Beneath this task are records; print exactly the stretch of them from the line with "rw (read_on-eq v" through the line with "-- returns the", both ends included.

Material to process START

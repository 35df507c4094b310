-- ===== src/Vfs/Open.antt =====
-- What `vfs_open` and `vfs_close` do to the table, on every branch.
use ref_arm_os.Base.{
  Bool-cases, Option-cases, ℤ, pos, is_neg, is_zero, to_ℕ, to_u32, ℕ, ◌≡◌, ◌≢◌, ◌⊎◌, inl, inr, true,
  false, none, some, arith,
}
use ref_arm_os.Errno.{e_ok, e_arg, e_noent, e_badf, e_mfile}
use ref_arm_os.Memory.{Memory, Reader}
use ref_arm_os.FsOps.{FsOps}
use ref_arm_os.Vfs.{
  Fd, Vfs, free_fd, find_fs, filename, alloc_fd, open_on, opened, vfs_open, bad_fd, vfs_close,
}
use ref_arm_os.Vfs.Valid.{set_fd}
use ref_arm_os.Vfs.Slots.{IsLowest, AllOpen, find_fd_slot_cases}

abbrev fresh : ℕ → Fd
fresh i = record { in_use = true; file_index = i; offset = 0 }

-- The lowest free descriptor is handed out at offset 0, or none is free.
pub data Alloc (v : Vfs) (i : ℕ) : ℤ × Vfs → Type 0 where
  given : (n : ℕ) → IsLowest v n → Alloc v i (pos n, set_fd v n (fresh i))
  full : AllOpen v → Alloc v i (e_mfile, v)

alloc_fd-Alloc : (v : Vfs) (i : ℕ) → Alloc v i (alloc_fd v i)
unfolding alloc_fd
alloc_fd-Alloc v i = elim (find_fd_slot_cases v) [
  | inl (n, e, low) ↦ rw (e, alloc_fd) (given n low)
  | inr (e, all) ↦ rw (e, alloc_fd) (full all)
]

-- The outcomes of `vfs_open`, each with what led to it.
pub data Opened (v : Vfs) (name : Reader) (flags : ℤ) : ℤ × Vfs → Type 0 where
  bad_flags : flags ≢ pos 0 → Opened v name flags (e_arg, v)
  no_fs : find_fs v.mounts ≡ none → Opened v name flags (e_noent, v)
  not_found :
      (ops : FsOps)
      → find_fs v.mounts ≡ some ops
      → is_neg (ops.lookup name) ≡ true
      → Opened v name flags (e_noent, v)
  found :
      {r : ℤ × Vfs} (ops : FsOps)
      → find_fs v.mounts ≡ some ops
      → is_neg (ops.lookup name) ≡ false
      → Alloc v (to_u32 (ops.lookup name)) r
      → Opened v name flags r

nonzero→ne : (i : ℤ) → is_zero i ≡ false → i ≢ pos 0
nonzero→ne i h e = ground arith

opened-Opened :
    (v : Vfs) (m : Memory) (path : ℕ) (flags : ℤ)
    → Opened v (filename m path) flags (opened v m path)
unfolding opened open_on
opened-Opened v m path flags = elim (Option-cases (find_fs v.mounts)) [
  | inl e ↦ rw (e, opened) (no_fs e)
  | inr (ops, e) ↦ elim (Bool-cases (is_neg (ops.lookup (filename m path)))) [
    | inl neg ↦ rw (e, opened, neg) (not_found ops e neg)
    | inr ok ↦ rw (e, opened, ok) (found ops e ok (alloc_fd-Alloc v _))
  ]
]

-- `vfs_open` either refuses the flags, finds no file system or no file, finds every descriptor
-- open, or hands out the lowest free descriptor from 3 on, at offset 0 of the file found; in the
-- other outcomes it changes nothing.
pub vfs_open-Opened :
    (v : Vfs) (m : Memory) (path : ℕ) (flags : ℤ)
    → Opened v (filename m path) flags (vfs_open v m path flags)
unfolding vfs_open
vfs_open-Opened v m path flags = elim (Bool-cases (is_zero flags)) [
  | inl z ↦ rw z (opened-Opened v m path flags)
  | inr nz ↦ rw nz (bad_flags (nonzero→ne flags nz))
]

-- `vfs_close` frees an open descriptor, and answers `E_BADF` to any other number and changes
-- nothing.
pub vfs_close_lem :
    (v : Vfs) (fd : ℤ)
    → ((bad_fd v fd ≡ true) × (vfs_close v fd ≡ (e_badf, v)))
      ⊎ ((bad_fd v fd ≡ false) × (vfs_close v fd ≡ (e_ok, set_fd v (to_ℕ fd) free_fd)))
unfolding vfs_close
vfs_close_lem v fd = elim (Bool-cases (bad_fd v fd)) [
  | inl b ↦ inl (b, rw b)
  | inr g ↦ inr (g, rw g)
]
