-- ===== src/Vfs/Stream.antt =====
-- `vfs_read` over a file system that meets its laws.
use ref_arm_os.Base.{
  ltb, ◌==◌, if◌then◌else◌, Bool-cases, length, ℤ, pos, add32, to_ℕ, ℕ, ◌+◌, ◌^◌, ◌≤◌, ◌<◌, ◌≡◌,
  refl, ◌⊎◌, inl, inr, true, false, some, arith,
}
use ref_arm_os.Memory.{Memory}
use ref_arm_os.FsOps.{FsOps, FsLaws, Apart, available}
use ref_arm_os.Vfs.{Fd, Vfs, max_fds, find_fs, fd_at, bad_fd, read_on, served, vfs_read}
use ref_arm_os.Vfs.Valid.{IsValid, set_fd, fd_at-set_fd, set_fd-IsValid, good_fd}

-- Descriptor `n` moved on by `k` bytes, all others as they were.
abbrev pub Advanced : Vfs → ℕ → ℕ → Vfs → Type 0
Advanced v n k v' =
    (j : ℕ)
    → fd_at v' j
      ≡ (if n == j then record (fd_at v n) { offset = (fd_at v n).offset + k } else fd_at v j)

-- What `vfs_read` makes of the table when the file system has given `k` bytes.
advance : Vfs → ℕ → ℕ → Vfs
advance v n k =
    let d = fd_at v n in if ltb 0 k then set_fd v n (record d { offset = add32 d.offset k }) else v

advance-Advanced :
    (v : Vfs) (n k : ℕ)
    → n < length v.fds
    → (fd_at v n).offset + k < 2 ^ 32
    → Advanced v n k (advance v n k)
unfolding advance
advance-Advanced v n k h small j =
    ground (arith, fd_at-set_fd v n j (record (fd_at v n) { offset = add32 (fd_at v n).offset k }))

advance-mounts : (v : Vfs) (n k : ℕ) → (advance v n k).mounts ≡ v.mounts
unfolding advance
advance-mounts v n k = ground arith

advance-IsValid :
    {count : ℕ} {size : ℕ → ℕ} (v : Vfs) (n k : ℕ)
    → IsValid count size v
    → 3 ≤ n
    → n < max_fds
    → (fd_at v n).in_use ≡ true
    → (fd_at v n).offset + k < 2 ^ 32
    → (fd_at v n).offset + k ≤ size (fd_at v n).file_index
    → IsValid count size (advance v n k)
unfolding advance
advance-IsValid v n k w lo hi u small within = elim (Bool-cases (ltb 0 k)) [
  | inl p ↦ rw p (
      set_fd-IsValid v n (record (fd_at v n) { offset = add32 (fd_at v n).offset k }) w lo hi
        (λ _. w.names_file n u) (λ _. omega arith))
  | inr z ↦ rw z w
]

-- What a read of `len` bytes gives at descriptor `n`.
pub gives : (ℕ → ℕ) → Vfs → ℕ → ℕ → ℕ
gives size v n len = available (size (fd_at v n).file_index) (fd_at v n).offset len

pub gives-le :
    (size : ℕ → ℕ) (v : Vfs) (n len : ℕ)
    → (fd_at v n).offset ≤ size (fd_at v n).file_index
    → (fd_at v n).offset + gives size v n len ≤ size (fd_at v n).file_index
unfolding gives
gives-le size v n len h = ground arith

pub gives-len : (size : ℕ → ℕ) (v : Vfs) (n len : ℕ) → gives size v n len ≤ len
unfolding gives
gives-len size v n len = ground arith

pub gives-none :
    (size : ℕ → ℕ) (v : Vfs) (n len : ℕ)
    → size (fd_at v n).file_index ≤ (fd_at v n).offset
    → gives size v n len ≡ 0
unfolding gives
gives-none size v n len h = ground arith

pub gives-all :
    (size : ℕ → ℕ) (v : Vfs) (n len : ℕ)
    → 0 < len
    → (fd_at v n).offset + len ≤ size (fd_at v n).file_index
    → gives size v n len ≡ len
unfolding gives
gives-all size v n len lt h = ground arith

pub gives-rest :
    (size : ℕ → ℕ) (v : Vfs) (n len : ℕ)
    → (fd_at v n).offset < size (fd_at v n).file_index
    → size (fd_at v n).file_index < (fd_at v n).offset + len
    → gives size v n len + (fd_at v n).offset ≡ size (fd_at v n).file_index
unfolding gives
gives-rest size v n len lt h = ground arith

module _ (ops : FsOps) (count : ℕ) (start size : ℕ → ℕ) (laws : FsLaws ops count start size) where
  -- The outcome `(r, v', m')` of a read at the open descriptor `n`.
  pub record HasRead (v : Vfs) (m : Memory) (n buf len : ℕ) (out : ℤ × Vfs × Memory) : Type 0 where
    pub result : out.0 ≡ pos (gives size v n len)
    pub table : Advanced v n (gives size v n len) out.1
    pub mounts : out.1.mounts ≡ v.mounts
    pub valid : IsValid count size out.1
    pub bytes :
        Apart buf len (start (fd_at v n).file_index) (size (fd_at v n).file_index)
        → (j : ℕ) → j < gives size v n len
        → out.2 (buf + j) ≡ m (start (fd_at v n).file_index + (fd_at v n).offset + j)
    pub frame : (a : ℕ) → (a < buf) ⊎ (buf + gives size v n len ≤ a) → out.2 a ≡ m a

  read_on-eq :
      (v : Vfs) (m : Memory) (n buf len : ℕ)
      → (fd_at v n).file_index < count
      → read_on ops v m n buf len ≡ (
        pos (gives size v n len),
        advance v n (gives size v n len),
        (ops.read (pos (fd_at v n).file_index) (fd_at v n).offset buf len m).1,
      )
  unfolding read_on advance gives
  read_on-eq v m n buf len h =
      ground (
        arith,
        laws.count_small,
        laws.read_count (fd_at v n).file_index (fd_at v n).offset buf len m,
      )

  read_on-HasRead :
      (v : Vfs) (m : Memory) (n buf len : ℕ)
      → IsValid count size v
      → 3 ≤ n
      → n < max_fds
      → (fd_at v n).in_use ≡ true
      → HasRead v m n buf len (read_on ops v m n buf len)
  unfolding gives
  read_on-HasRead v m n buf len w lo hi u =
      rw (read_on-eq v m n buf len (w.names_file n u)) (record {
        result = refl;
        table = advance-Advanced v n _ (let e = w.length_fds in omega arith) wide;
        mounts = advance-mounts v n _;
        valid = advance-IsValid v n _ w lo hi u wide within;
        bytes = λ apart j lt.
            laws.read_bytes d.file_index d.offset buf len m j (w.names_file n u) apart lt;
        frame = λ a out. laws.read_frame d.file_index d.offset buf len m a (w.names_file n u) out;
      })
    where
      d : Fd
      d = fd_at v n

      within : d.offset + gives size v n len ≤ size d.file_index
      within = gives-le size v n len (w.in_file n u)

      small : size d.file_index < 2 ^ 31
      small = laws.size_small d.file_index (w.names_file n u)

      wide : d.offset + gives size v n len < 2 ^ 32
      wide = omega (arith, within, small)

  -- A read at a descriptor that passes the guard, with this file system mounted at the root: it
  -- returns the number of bytes that the file has left there, at most `len`; these are the bytes of
  -- the file from the offset on, if the buffer does not meet the file; the offset moves on by that
  -- number and no other descriptor changes; memory changes only where they went; and the invariant
  -- is kept.
  pub vfs_read-HasRead :
      (v : Vfs) (m : Memory) (fd : ℤ) (buf len : ℕ)
      → IsValid count size v
      → find_fs v.mounts ≡ some ops
      → bad_fd v fd ≡ false
      → HasRead v m (to_ℕ fd) buf len (vfs_read v m fd buf len)
  unfolding vfs_read served
  vfs_read-HasRead v m fd buf len w mounted good =
      let (_, lo, hi, u) = good_fd v fd w good in
      rw (good, served, mounted) (read_on-HasRead v m (to_ℕ fd) buf len w lo hi u)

Material to process END

# Completed task
      rw (read_on-eq v m n buf len (w.names_file n u)) (record {
        result = refl;
        table = advance-Advanced v n _ (let e = w.length_fds in omega arith) wide;
        mounts = advance-mounts v n _;
        valid = advance-IsValid v n _ w lo hi u wide within;
        bytes = λ apart j lt.
            laws.read_bytes d.file_index d.offset buf len m j (w.names_file n u) apart lt;
        frame = λ a out. laws.read_frame d.file_index d.offset buf len m a (w.names_file n u) out;
      })
    where
      d : Fd
      d = fd_at v n

      within : d.offset + gives size v n len ≤ size d.file_index
      within = gives-le size v n len (w.in_file n u)

      small : size d.file_index < 2 ^ 31
      small = laws.size_small d.file_index (w.names_file n u)

      wide : d.offset + gives size v n len < 2 ^ 32
      wide = omega (arith, within, small)

  -- A read at a descriptor that passes the guard, with this file system mounted at the root: it
  -- returns the number of bytes that the file has left there, at most `len`; these are the bytes of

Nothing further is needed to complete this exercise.